The goal of the surgery is to reduce the breast size so that they are more comfortable and proportional to the woman's physique.

=== Benefits ===
Thousands of mammaplasties are performed every year, and most women are happy with the results. A study of 66 women who had undergone breast reduction reported that the women showed a 94% satisfaction with the results of the procedure (in terms of size, shape, nipple position, and sensation in the breast). This study also reported great improvement in self-esteem, and problems with appearance, exercise and embarrassment over breast size were substantially reduced.

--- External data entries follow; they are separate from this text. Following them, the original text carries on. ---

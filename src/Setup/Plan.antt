-- ===== src/Setup/Plan.antt =====
-- What setup/src/main.rs asks Windows for, step by step, described apart from how it does it.
pub mod Steps
pub mod Removal
use ak1_driver.Prelude.{◌≡◌, refl, sym, ap, ◌∙◌, List, [], ◌∷◌, ◌++◌, append-nil, append_assoc}
use ak1_driver.Setup.{
  Request, Error, Result, ok, err, Log, System, Action, continue, ◌>>=◌, ◌>>◌, pure, raise, lift,
  exited, checked, checked_found, run, call, call_found, call_ignored,
}

-- Nothing is left of the steps of a run that did not fail.
abbrev pub IsDone : {A : Type 0} → Result A → List Request → Type 0
IsDone (ok a) rest = rest ≡ []
IsDone (err e) rest = Unit

-- From the log `log` on, the first of the steps were asked for, and all if the result is no error.
pub record Follows {A : Type 0} (log : Log) (steps : List Request) (r : Result A × Log)
    : Type 0 where
  pub asked : List Request
  pub rest : List Request
  pub split : steps ≡ asked ++ rest
  pub logged : r.1 ≡ log ++ asked
  pub whole : IsDone r.0 rest

-- An action that asks for the first of the steps, in their order, and for all of them unless it fails.
pub record Does {A : Type 0} (steps : List Request) (m : Action A) : Type 0 where
  pub at : (log : Log) → Follows log steps (m log)

pub Does-lift : {A : Type 0} (r : Result A) → Does [] (lift r)
Does-lift r = record {
  at = λ log. record {
    asked = [];
    rest = [];
    split = refl;
    logged = sym (append-nil log);
    whole = none_left r;
  };
}
  where
    none_left : {A : Type 0} (r : Result A) → IsDone r []
    none_left (ok a) = refl
    none_left (err e) = tt

pub Does-pure : {A : Type 0} (a : A) → Does [] (pure a)
Does-pure a = Does-lift (ok a)

-- A failure does the first none of any steps.
pub Does-raise : {A : Type 0} (steps : List Request) (e : Error) → Does steps (raise {A = A} e)
Does-raise steps e = record {
  at = λ log. record {
    asked = [];
    rest = steps;
    split = refl;
    logged = sym (append-nil log);
    whole = tt;
  };
}

Follows-continue :
    {A B : Type 0} (f : A → Action B) (log : Log) (first second : List Request) (r : Result A)
    (log' : Log)
    → ((a : A) → r ≡ ok a → Does second (f a))
    → Follows log first (r, log')
    → Follows log (first ++ second) (continue r f log')
Follows-continue f log first second (err e) log' kf h = record {
  asked = h.asked;
  rest = h.rest ++ second;
  split = ap (λ s. s ++ second) h.split ∙ append_assoc h.asked h.rest second;
  logged = h.logged;
  whole = tt;
}
Follows-continue f log first second (ok a) log' kf h =
    let g = (kf a refl).at log' in
    record {
      asked = h.asked ++ g.asked;
      rest = g.rest;
      split =
          (ap (λ s. s ++ second) (h.split ∙ ap (λ s. h.asked ++ s) h.whole ∙ append-nil h.asked)
            ∙ ap (λ s. h.asked ++ s) g.split
            ∙ sym (append_assoc h.asked g.asked g.rest));
      logged = g.logged ∙ ap (λ l. l ++ g.asked) h.logged ∙ append_assoc log h.asked g.asked;
      whole = g.whole;
    }

-- The rest may use how the first part ended.
pub Does-bind_ok :
    {A B : Type 0} (first second : List Request) (m : Action A) (f : A → Action B)
    → Does first m
    → ((log : Log) (a : A) → (m log).0 ≡ ok a → Does second (f a))
    → Does (first ++ second) (m >>= f)
Does-bind_ok first second m f km kf = record {
  at = λ log. Follows-continue f log first second (m log).0 (m log).1 (kf log) (km.at log);
}

pub Does-bind :
    {A B : Type 0} (first second : List Request) (m : Action A) (f : A → Action B)
    → Does first m
    → ((a : A) → Does second (f a))
    → Does (first ++ second) (m >>= f)
Does-bind first second m f km kf = Does-bind_ok first second m f km (λ log a e. kf a)

pub Does-then :
    {A B : Type 0} (first second : List Request) (m : Action A) (k : Action B)
    → Does first m
    → Does second k
    → Does (first ++ second) (m >> k)
Does-then first second m k km kk = Does-bind first second m (λ _. k) km (λ _. kk)

one :
    {A : Type 0} (request : Request) (r : Result A) (log : Log)
    → Follows log (request ∷ []) (r, log ++ (request ∷ []))
one request r log = record {
  asked = request ∷ [];
  rest = [];
  split = refl;
  logged = refl;
  whole = none_left r;
}
  where
    none_left : {A : Type 0} (r : Result A) → IsDone r []
    none_left (ok a) = refl
    none_left (err e) = tt

module _ (system : System) (request : Request) where
  pub Does-run : Does (request ∷ []) (run system request)
  unfolding run
  Does-run = record { at = λ log. one request (exited request (system.run log request)) log }

  pub Does-call : Does (request ∷ []) (call system request)
  unfolding call
  Does-call = record { at = λ log. one request (checked request (system.call log request)) log }

  pub Does-call_found : Does (request ∷ []) (call_found system request)
  unfolding call_found
  Does-call_found = record {
    at = λ log. one request (checked_found request (system.call log request)) log;
  }

  pub Does-call_ignored : Does (request ∷ []) (call_ignored system request)
  unfolding call_ignored
  Does-call_ignored = record { at = λ log. one request (ok tt) log }
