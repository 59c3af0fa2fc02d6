-- ===== src/Setup/Plan/Steps.antt =====
-- The steps of an installation and of a removal, and that setup/src/main.rs does them in this order.
use ak1_driver.Prelude.{
  ℕ, subst, inl, inr, Bool, true, false, ◌||◌, List, [], ◌∷◌, ◌++◌, append-nil, Option, none, some,
  map, if◌then◌else◌, Bool-cases,
}
use ak1_driver.Prelude.Text.{Text}
use ak1_driver.Setup.{
  FilePath, same_path, inf, certificate, driver_files, asio_dll, panel, setup_program, cert_stores,
  Store, Value, Request, turn_test_signing_on, create_dir, write_file, copy_file, trust,
  delete_driver, add_driver, register, save_shortcut, create_uninstall_key, set_value, Result, ok,
  err, System, Action, ◌>>=◌, pure, lift, run, call, declined, secure_boot_on, unread, no_files,
  is_code,
}
use ak1_driver.Setup.Signing.{
  SigningFacts, Listing, is_active, is_on, confirm, ask_first, decide_signing, decide_package,
  list_packages, enable_test_signing, delete_packages, remove_driver_packages, trust_in,
  trust_certificate,
}
use ak1_driver.Setup.Install.{
  Payload, embedded, or_empty, Facts, join, uninstall_values, Ending, installed, write_files,
  install_driver, copy_setup, register_dll, set_values, register_uninstall, install_package,
  install_programs, install_files, unless_empty, install,
}
use ak1_driver.Setup.Plan.{
  Does, Does-lift, Does-pure, Does-raise, Does-bind, Does-then, Does-run, Does-call,
}

abbrev pub package_names : Listing → List Text
package_names listing = elim (list_packages listing) [ err e ↦ [] | ok names ↦ names ]

abbrev pub signing_steps : SigningFacts → List Request
signing_steps facts = if is_active facts.start_options then [] else turn_test_signing_on ∷ []

abbrev pub written : Payload → FilePath → List Text → List Request
written payload folder =
    map (λ file. write_file (join folder file) (or_empty (embedded payload file)))

abbrev pub copy_steps : Option FilePath → (setup : FilePath) → List Request
copy_steps none setup = []
copy_steps (some exe) setup = if same_path exe setup then [] else copy_file exe setup ∷ []

abbrev pub package_steps : Facts → List Request
package_steps facts =
    (create_dir facts.paths.driver ∷ [])
    ++ (written facts.payload facts.paths.driver driver_files
        ++ (map (λ store. trust store (or_empty (embedded facts.payload certificate))) cert_stores
            ++ (map delete_driver (package_names facts.drivers)
                ++ (add_driver (join facts.paths.driver inf) ∷ []))))

abbrev pub program_steps : Facts → List Request
program_steps facts =
    let setup = join facts.paths.programs setup_program in
    (create_dir facts.paths.programs ∷ [])
    ++ (written facts.payload facts.paths.programs (asio_dll ∷ panel ∷ [])
        ++ (copy_steps facts.exe setup
            ++ ((register (join facts.paths.programs asio_dll) ∷ [])
                ++ ((save_shortcut facts.paths.shortcut (join facts.paths.programs panel) ∷ [])
                    ++ ((create_uninstall_key ∷ [])
                        ++ map (λ v. set_value v.0 v.1) (uninstall_values facts setup))))))

-- Everything an installation asks for.
abbrev pub install_steps : Facts → List Request
install_steps facts = signing_steps facts.signing ++ (package_steps facts ++ program_steps facts)

module _ (system : System) where
  pub end_nil :
      {A : Type 0} (steps : List Request) (m : Action A) → Does (steps ++ []) m → Does steps m
  end_nil steps m d = subst (λ s. Does s m) (append-nil steps) d

  ask_first-Does :
      (facts : SigningFacts) (answer : Bool)
      → Does (turn_test_signing_on ∷ []) (ask_first system facts answer)
  unfolding ask_first
  ask_first-Does facts false = Does-raise _ declined
  ask_first-Does facts true =
      Does-bind (turn_test_signing_on ∷ []) [] (run system turn_test_signing_on) _
        (Does-run system turn_test_signing_on) (λ code. Does-lift (decide_signing code))

  enable_test_signing-Does :
      (facts : SigningFacts) → Does (signing_steps facts) (enable_test_signing system facts)
  unfolding enable_test_signing
  enable_test_signing-Does facts = elim (Bool-cases (is_active facts.start_options)) [
    | inl e ↦ rw e (Does-pure false)
    | inr e ↦ rw e (elim (Bool-cases (is_on facts.secure_boot)) [
      | inl e' ↦ rw e' (Does-raise _ secure_boot_on)
      | inr e' ↦ rw e' (
          Does-bind [] _ (lift (confirm facts.line)) (ask_first system facts)
            (Does-lift (confirm facts.line)) (ask_first-Does facts))
    ])
  ]

  delete_packages-Does :
      (names : List Text) → Does (map delete_driver names) (delete_packages system names)
  unfolding delete_packages
  delete_packages-Does [] = Does-pure false
  delete_packages-Does (driver ∷ drivers) =
      Does-bind (delete_driver driver ∷ []) (map delete_driver drivers)
        (run system (delete_driver driver)) _ (Does-run system (delete_driver driver))
        (λ code.
          Does-bind [] (map delete_driver drivers)
            (lift (decide_package (delete_driver driver) (λ code. is_code code 0) code)) _
            (Does-lift _)
            (λ restart. end_nil _ _ (
              Does-bind (map delete_driver drivers) [] (delete_packages system drivers)
                (λ others. pure (restart || others)) (delete_packages-Does drivers)
                (λ others. Does-pure (restart || others)))))

  pub remove_driver_packages-Does :
      (listing : Listing)
      → Does (map delete_driver (package_names listing)) (remove_driver_packages system listing)
  unfolding remove_driver_packages
  remove_driver_packages-Does listing = listed (list_packages listing)
    where
      listed :
          (r : Result (List Text))
          → Does
              (map delete_driver (elim r [ err e ↦ [] | ok names ↦ names ]))
              (lift r >>= delete_packages system)
      listed (err e) = Does-raise [] e
      listed (ok names) = delete_packages-Does names

  trust_in-Does :
      (contents : List ℕ) (stores : List Store)
      → Does (map (λ store. trust store contents) stores) (trust_in system stores contents)
  unfolding trust_in
  trust_in-Does contents [] = Does-pure tt
  trust_in-Does contents (store ∷ stores) =
      Does-then (trust store contents ∷ []) _ (call system (trust store contents)) _
        (Does-call system _) (trust_in-Does contents stores)

  write_files-Does :
      (payload : Payload) (folder : FilePath) (files : List Text)
      → Does (written payload folder files) (write_files system payload folder files)
  unfolding write_files
  write_files-Does payload folder [] = Does-pure tt
  write_files-Does payload folder (file ∷ files) =
      Does-then (write_file (join folder file) (or_empty (embedded payload file)) ∷ []) _
        (call system (write_file (join folder file) (or_empty (embedded payload file)))) _
        (Does-call system _) (write_files-Does payload folder files)

  install_driver-Does : (path : FilePath) → Does (add_driver path ∷ []) (install_driver system path)
  unfolding install_driver
  install_driver-Does path =
      Does-bind (add_driver path ∷ []) [] (run system (add_driver path)) _ (Does-run system _)
        (λ code. Does-lift _)

  copy_setup-Does :
      (exe : Option FilePath) (setup : FilePath)
      → Does (copy_steps exe setup) (copy_setup system exe setup)
  unfolding copy_setup
  copy_setup-Does none setup = Does-raise [] unread
  copy_setup-Does (some exe) setup = elim (Bool-cases (same_path exe setup)) [
    | inl e ↦ rw e (Does-pure tt)
    | inr e ↦ rw e (Does-call system (copy_file exe setup))
  ]

  register_dll-Does : (dll : FilePath) → Does (register dll ∷ []) (register_dll system dll)
  unfolding register_dll
  register_dll-Does dll =
      Does-bind (register dll ∷ []) [] (run system (register dll)) _ (Does-run system _)
        (λ code. Does-lift _)

  set_values-Does :
      (values : List (Text × Value))
      → Does (map (λ v. set_value v.0 v.1) values) (set_values system values)
  unfolding set_values
  set_values-Does [] = Does-pure tt
  set_values-Does ((value_name, value) ∷ values) =
      Does-then (set_value value_name value ∷ []) _ (call system (set_value value_name value)) _
        (Does-call system _) (set_values-Does values)

  install_package-Does : (facts : Facts) → Does (package_steps facts) (install_package system facts)
  unfolding install_package trust_certificate
  install_package-Does facts =
      let certified = or_empty (embedded facts.payload certificate) in
      Does-then (create_dir facts.paths.driver ∷ []) _ (call system (create_dir facts.paths.driver))
        _ (Does-call system _)
        (Does-then (written facts.payload facts.paths.driver driver_files) _
          (write_files system facts.payload facts.paths.driver driver_files) _
          (write_files-Does facts.payload facts.paths.driver driver_files)
          (Does-then (map (λ store. trust store certified) cert_stores) _
            (trust_in system cert_stores certified) _ (trust_in-Does certified cert_stores)
            (Does-bind (map delete_driver (package_names facts.drivers)) _
              (remove_driver_packages system facts.drivers) _
              (remove_driver_packages-Does facts.drivers)
              (λ replaced. end_nil _ _ (
                Does-bind (add_driver (join facts.paths.driver inf) ∷ []) []
                  (install_driver system (join facts.paths.driver inf))
                  (λ added. pure (replaced || added)) (install_driver-Does _)
                  (λ added. Does-pure (replaced || added)))))))

  install_programs-Does :
      (facts : Facts) → Does (program_steps facts) (install_programs system facts)
  unfolding install_programs register_uninstall
  install_programs-Does facts =
      let setup = join facts.paths.programs setup_program in
      let dll = join facts.paths.programs asio_dll in
      let link = save_shortcut facts.paths.shortcut (join facts.paths.programs panel) in
      Does-then (create_dir facts.paths.programs ∷ []) _
        (call system (create_dir facts.paths.programs)) _ (Does-call system _)
        (Does-then (written facts.payload facts.paths.programs (asio_dll ∷ panel ∷ [])) _
          (write_files system facts.payload facts.paths.programs (asio_dll ∷ panel ∷ [])) _
          (write_files-Does facts.payload facts.paths.programs (asio_dll ∷ panel ∷ []))
          (Does-then (copy_steps facts.exe setup) _ (copy_setup system facts.exe setup) _
            (copy_setup-Does facts.exe setup)
            (Does-then (register dll ∷ []) _ (register_dll system dll) _ (register_dll-Does dll) (
              Does-then (link ∷ []) _ (call system link) _ (Does-call system link) (
                Does-then (create_uninstall_key ∷ []) _ (call system create_uninstall_key) _
                  (Does-call system _) (set_values-Does (uninstall_values facts setup)))))))

  install_files-Does : (facts : Facts) → Does (install_steps facts) (install_files system facts)
  unfolding install_files
  install_files-Does facts =
      Does-bind (signing_steps facts.signing) _ (enable_test_signing system facts.signing) _
        (enable_test_signing-Does facts.signing)
        (λ signing.
          Does-bind (package_steps facts) _ (install_package system facts) _
            (install_package-Does facts)
            (λ package_restart. end_nil _ _ (
              Does-then (program_steps facts) [] (install_programs system facts)
                (pure (installed (signing || package_restart))) (install_programs-Does facts)
                (Does-pure _))))

  payload_cases :
      {steps : List Request} {m : Action Ending} (payload : Payload)
      → Does steps m
      → Does steps (unless_empty payload m)
  unfolding unless_empty
  payload_cases {steps} [] d = Does-raise steps no_files
  payload_cases (_ ∷ _) d = d

  -- Whatever Windows answers and however an installation ends, it has asked for the first of the listed
  -- steps in their order, and for all of them unless it fails.
  pub install-Does : (facts : Facts) → Does (install_steps facts) (install system facts)
  unfolding install
  install-Does facts = payload_cases facts.payload (install_files-Does facts)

Overall, this and other studies have shown that breast reduction improves function, wellbeing and quality of life for women with excessively large or sagging breasts.

=== Risks ===
Specific risks of breast reduction surgery include:
- Infection;
- Wound breakdown;
- Bleeding;
- Asymmetry of breasts (size and shape);
- Abnormal scarring;
- Loss of sensation in the nipple or breast skin;
- Breastfeeding problems; and
- Need for repeat surgery.

== Breast cancer and reconstructive mammaplasty ==
Research has indicated that breast reduction surgery, for women who are at high risk for breast cancer, may serve as an effective primary prevention strategy for tackling breast cancer and is not shown to increase chances of the breast cancer coming back or making it harder to check this through a mammography. As opposed to mastectomy, therapeutic mammoplasty has emerged as a way to address breast cancer in women with larger breasts and where early breast cancer is detected, this helps align with the cosmetic needs of the person in question and has positive health benefits as well.

Many reports have also addressed the relationship between breast cancer and augmentation mammaplasty using implants. Most of them report that there is no increased rate of breast cancer in patients with augmentation mammaplasty. On the contrary, several studies have reported that the rate of breast cancer is actually lower in patients with augmentation mammaplasty. These studies argue that the lower incidence rate of breast cancer is probably due to the lower calorie intake of patients who wish to have augmentation mammaplasty. These patients, being on the thinner side, do not have a tendency toward breast cancer.

A concern for breast cancer survivors can be the physical appearance of their breasts after the surgical procedures required to cure breast cancer in several cases. Reconstructive mammaplasty is breast reconstruction that is done after mastectomy to give the breasts an appearance that is more normal/familiar. Some factors that are considered before deciding whether such surgery would be apt are the size and shape of the breasts before operation, the amount of tissue remaining after the mastectomy, chance of the cancer returning, and what the mastectomy scar looks like and where it is. Mammoplasty has also evolved as a way for women to address physical changes that mastectomy brings about to their bodies. Surgery to reconstruct the breasts can be started along with the mastectomy or after the body has healed from the mastectomy.

Mammograms in general are not performed on reconstructed breasts that have had implants, it is recommended that a woman who has had a breast implant let the radiology technician know of it, before a mammogram, as special steps may be necessary for ensuring correct results and not causing harm to the implant.